YOUR TASK. For this exercise, output every line of the data as it stands.

Stored data entries.

-- ===== src/Db/Migrations/Tests.antt =====
-- Runs of the migrations.
use gha_cache_server.Base.{◌≡◌, refl, true, false, none, some, List, [], ◌∷◌, Bool, codes, bytes_eq}
use gha_cache_server.Action.{Error, ok, err, driver_failed, ◌>>=◌}
use gha_cache_server.Db.Migrations.{sqlite, Catalog, has_relation, or_no_rows, migrate, m0_init}
use gha_cache_server.Db.Migrations.Runs.{IsSame, migrate-stuck}
use gha_cache_server.Db.Migrations.Again.{migrate-again}

abbrev new_with : List Bool → Catalog
new_with faults = record { driver = sqlite; relations = []; migrated = none; faults = faults }

first_run : (migrate (new_with [])).0 ≡ ok tt
unfolding migrate m0_init bytes_eq ◌>>=◌
first_run = refl

first_run_quiet : (migrate (new_with [])).1.faults ≡ []
unfolding migrate m0_init bytes_eq ◌>>=◌
first_run_quiet = refl

migrate-again_example : migrate (migrate (new_with [])).1 ≡ (ok tt, (migrate (new_with [])).1)
migrate-again_example = migrate-again (new_with []) first_run first_run_quiet

-- The fourth statement, which creates the second table, fails.
abbrev half_made : Catalog
half_made = record {
  driver = sqlite;
  relations = codes "storage_locations" ∷ [];
  migrated = some [];
  faults = [];
}

interrupted :
    migrate (new_with (false ∷ false ∷ false ∷ true ∷ [])) ≡ (err driver_failed, half_made)
unfolding migrate m0_init bytes_eq ◌>>=◌
interrupted = refl

table_there : has_relation (codes "storage_locations") half_made.relations ≡ true
unfolding has_relation bytes_eq
table_there = refl

not_recorded : has_relation (codes "0_init") (or_no_rows half_made.migrated) ≡ false
unfolding has_relation bytes_eq
not_recorded = refl

migrate-stuck_example :
    (e : Error) × (c' : Catalog) × (migrate half_made ≡ (err e, c')) × IsSame half_made c'
migrate-stuck_example = migrate-stuck half_made table_there not_recorded
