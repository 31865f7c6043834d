-- ===== src/Db/Newest.antt =====
-- `… WHERE p ORDER BY updatedAt DESC LIMIT 1` finds a row that was changed last among those that
-- pass.
use gha_cache_server.Base.{
  ◌≤◌, ◌≡◌, refl, ap, ◌∙◌, inl, inr, Bool, true, false, Option, none, some, List, [], ◌∷◌, ◌++◌,
  head, All, All-mono, if◌then◌else◌, Bool-cases, arith,
}
use gha_cache_server.Db.Models.{CacheEntry}
use gha_cache_server.Db.Sql.{select, exists, order_by, insert_sorted}
use gha_cache_server.Db.Queries.{newer}

abbrev pub newest : (CacheEntry → Bool) → List CacheEntry → Option CacheEntry
newest p rows = head (order_by newer (select p rows))

-- No row passes, or the row is one that passes and no row that passes was changed later.
abbrev pub IsNewest : (CacheEntry → Bool) → List CacheEntry → Option CacheEntry → Type 0
IsNewest p rows none = exists p rows ≡ false
IsNewest p rows (some e) =
    (before after : List CacheEntry) × (rows ≡ before ++ e ∷ after)
    × (p e ≡ true)
    × All (λ r. r.updated_at ≤ e.updated_at) (select p rows)

abbrev pick : CacheEntry → Option CacheEntry → CacheEntry
pick r none = r
pick r (some y) = if newer y r then y else r

head-insert_sorted :
    (r : CacheEntry) (l : List CacheEntry) → head (insert_sorted newer r l) ≡ some (pick r (head l))
unfolding insert_sorted
head-insert_sorted r [] = refl
head-insert_sorted r (y ∷ l) = elim (Bool-cases (newer y r)) [
  | inl first ↦ rw first
  | inr second ↦ rw second
]

head-order_by :
    (r : CacheEntry) (l : List CacheEntry)
    → head (order_by newer (r ∷ l)) ≡ some (pick r (head (order_by newer l)))
unfolding order_by
head-order_by r l = head-insert_sorted r (order_by newer l)

select-eq-nil :
    (p : CacheEntry → Bool) (rows : List CacheEntry) → exists p rows ≡ false → select p rows ≡ []
unfolding exists select
select-eq-nil p [] h = refl
select-eq-nil p (r ∷ rows) h = ground (arith, select-eq-nil p rows)

-- A row that does not pass changes nothing.
IsNewest-miss :
    (p : CacheEntry → Bool) (r : CacheEntry) (rows : List CacheEntry) (o : Option CacheEntry)
    → p r ≡ false
    → IsNewest p rows o
    → IsNewest p (r ∷ rows) o
unfolding exists select
IsNewest-miss p r rows none miss h = rw miss h
IsNewest-miss p r rows (some e) miss (before, after, split, hit, top) =
    (r ∷ before, after, ap (λ l. r ∷ l) split, hit, rw miss top)

IsNewest-hit :
    (p : CacheEntry → Bool) (r : CacheEntry) (rows : List CacheEntry) (o : Option CacheEntry)
    → p r ≡ true
    → IsNewest p rows o
    → IsNewest p (r ∷ rows) (some (pick r o))
unfolding select
IsNewest-hit p r rows none hit h =
    ([], rows, refl, hit, rw (hit, select-eq-nil p rows h) (omega arith, tt))
IsNewest-hit p r rows (some y) hit (before, after, split, hit_y, top) =
    elim (Bool-cases (newer y r)) [
      | inl first ↦
          rw first (r ∷ before, after, ap (λ l. r ∷ l) split, hit_y, rw hit (ground arith, top))
      | inr second ↦ rw second (
        [],
        rows,
        refl,
        hit,
        rw hit (omega arith, All-mono _ _ (select p rows) (λ x h. ground arith) top),
      )
    ]

pub newest-IsNewest :
    (p : CacheEntry → Bool) (rows : List CacheEntry) → IsNewest p rows (newest p rows)
newest-IsNewest p [] = unfold select order_by exists in refl
newest-IsNewest p (r ∷ rows) = elim (Bool-cases (p r)) [
  | inl hit ↦
      rw (select_hit hit ∙ head-order_by r (select p rows))
        (IsNewest-hit p r rows (newest p rows) hit (newest-IsNewest p rows))
  | inr miss ↦
      rw (select_miss miss) (IsNewest-miss p r rows (newest p rows) miss (newest-IsNewest p rows))
]
  where
    select_hit : p r ≡ true → newest p (r ∷ rows) ≡ head (order_by newer (r ∷ select p rows))
    select_hit hit = unfold select in rw hit

    select_miss : p r ≡ false → newest p (r ∷ rows) ≡ newest p rows
    select_miss miss = unfold select in rw miss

SOLUTION.
-- ===== src/Db/Migrations/Tests.antt =====
-- Runs of the migrations.
use gha_cache_server.Base.{◌≡◌, refl, true, false, none, some, List, [], ◌∷◌, Bool, codes, bytes_eq}
use gha_cache_server.Action.{Error, ok, err, driver_failed, ◌>>=◌}
use gha_cache_server.Db.Migrations.{sqlite, Catalog, has_relation, or_no_rows, migrate, m0_init}
use gha_cache_server.Db.Migrations.Runs.{IsSame, migrate-stuck}
use gha_cache_server.Db.Migrations.Again.{migrate-again}

abbrev new_with : List Bool → Catalog
new_with faults = record { driver = sqlite; relations = []; migrated = none; faults = faults }

first_run : (migrate (new_with [])).0 ≡ ok tt
unfolding migrate m0_init bytes_eq ◌>>=◌
first_run = refl

first_run_quiet : (migrate (new_with [])).1.faults ≡ []
unfolding migrate m0_init bytes_eq ◌>>=◌
first_run_quiet = refl

migrate-again_example : migrate (migrate (new_with [])).1 ≡ (ok tt, (migrate (new_with [])).1)
migrate-again_example = migrate-again (new_with []) first_run first_run_quiet

-- The fourth statement, which creates the second table, fails.
abbrev half_made : Catalog
half_made = record {
  driver = sqlite;
  relations = codes "storage_locations" ∷ [];
  migrated = some [];
  faults = [];
}

interrupted :
    migrate (new_with (false ∷ false ∷ false ∷ true ∷ [])) ≡ (err driver_failed, half_made)
unfolding migrate m0_init bytes_eq ◌>>=◌
interrupted = refl

table_there : has_relation (codes "storage_locations") half_made.relations ≡ true
unfolding has_relation bytes_eq
table_there = refl

not_recorded : has_relation (codes "0_init") (or_no_rows half_made.migrated) ≡ false
unfolding has_relation bytes_eq
not_recorded = refl

migrate-stuck_example :
    (e : Error) × (c' : Catalog) × (migrate half_made ≡ (err e, c')) × IsSame half_made c'
migrate-stuck_example = migrate-stuck half_made table_there not_recorded
repository 31865f7c6043834d
-- ===== src/Db/Newest.antt =====
-- `… WHERE p ORDER BY updatedAt DESC LIMIT 1` finds a row that was changed last among those that
-- pass.
use gha_cache_server.Base.{
  ◌≤◌, ◌≡◌, refl, ap, ◌∙◌, inl, inr, Bool, true, false, Option, none, some, List, [], ◌∷◌, ◌++◌,
  head, All, All-mono, if◌then◌else◌, Bool-cases, arith,
}
use gha_cache_server.Db.Models.{CacheEntry}
use gha_cache_server.Db.Sql.{select, exists, order_by, insert_sorted}
use gha_cache_server.Db.Queries.{newer}

abbrev pub newest : (CacheEntry → Bool) → List CacheEntry → Option CacheEntry
newest p rows = head (order_by newer (select p rows))

-- No row passes, or the row is one that passes and no row that passes was changed later.
abbrev pub IsNewest : (CacheEntry → Bool) → List CacheEntry → Option CacheEntry → Type 0
IsNewest p rows none = exists p rows ≡ false
IsNewest p rows (some e) =
    (before after : List CacheEntry) × (rows ≡ before ++ e ∷ after)
    × (p e ≡ true)
    × All (λ r. r.updated_at ≤ e.updated_at) (select p rows)

abbrev pick : CacheEntry → Option CacheEntry → CacheEntry
pick r none = r
pick r (some y) = if newer y r then y else r

head-insert_sorted :
    (r : CacheEntry) (l : List CacheEntry) → head (insert_sorted newer r l) ≡ some (pick r (head l))
unfolding insert_sorted
head-insert_sorted r [] = refl
head-insert_sorted r (y ∷ l) = elim (Bool-cases (newer y r)) [
  | inl first ↦ rw first
  | inr second ↦ rw second
]

head-order_by :
    (r : CacheEntry) (l : List CacheEntry)
    → head (order_by newer (r ∷ l)) ≡ some (pick r (head (order_by newer l)))
unfolding order_by
head-order_by r l = head-insert_sorted r (order_by newer l)

select-eq-nil :
    (p : CacheEntry → Bool) (rows : List CacheEntry) → exists p rows ≡ false → select p rows ≡ []
unfolding exists select
select-eq-nil p [] h = refl
select-eq-nil p (r ∷ rows) h = ground (arith, select-eq-nil p rows)

-- A row that does not pass changes nothing.
IsNewest-miss :
    (p : CacheEntry → Bool) (r : CacheEntry) (rows : List CacheEntry) (o : Option CacheEntry)
    → p r ≡ false
    → IsNewest p rows o
    → IsNewest p (r ∷ rows) o
unfolding exists select
IsNewest-miss p r rows none miss h = rw miss h
IsNewest-miss p r rows (some e) miss (before, after, split, hit, top) =
    (r ∷ before, after, ap (λ l. r ∷ l) split, hit, rw miss top)

IsNewest-hit :
    (p : CacheEntry → Bool) (r : CacheEntry) (rows : List CacheEntry) (o : Option CacheEntry)
    → p r ≡ true
    → IsNewest p rows o
    → IsNewest p (r ∷ rows) (some (pick r o))
unfolding select
IsNewest-hit p r rows none hit h =
    ([], rows, refl, hit, rw (hit, select-eq-nil p rows h) (omega arith, tt))
IsNewest-hit p r rows (some y) hit (before, after, split, hit_y, top) =
    elim (Bool-cases (newer y r)) [
      | inl first ↦
          rw first (r ∷ before, after, ap (λ l. r ∷ l) split, hit_y, rw hit (ground arith, top))
      | inr second ↦ rw second (
        [],
        rows,
        refl,
        hit,
        rw hit (omega arith, All-mono _ _ (select p rows) (λ x h. ground arith) top),
      )
    ]

pub newest-IsNewest :
    (p : CacheEntry → Bool) (rows : List CacheEntry) → IsNewest p rows (newest p rows)
newest-IsNewest p [] = unfold select order_by exists in refl
newest-IsNewest p (r ∷ rows) = elim (Bool-cases (p r)) [
  | inl hit ↦
      rw (select_hit hit ∙ head-order_by r (select p rows))
        (IsNewest-hit p r rows (newest p rows) hit (newest-IsNewest p rows))
  | inr miss ↦
      rw (select_miss miss) (IsNewest-miss p r rows (newest p rows) miss (newest-IsNewest p rows))
]
  where
    select_hit : p r ≡ true → newest p (r ∷ rows) ≡ head (order_by newer (r ∷ select p rows))
    select_hit hit = unfold select in rw hit

    select_miss : p r ≡ false → newest p (r ∷ rows) ≡ newest p rows
    select_miss miss = unfold select in rw miss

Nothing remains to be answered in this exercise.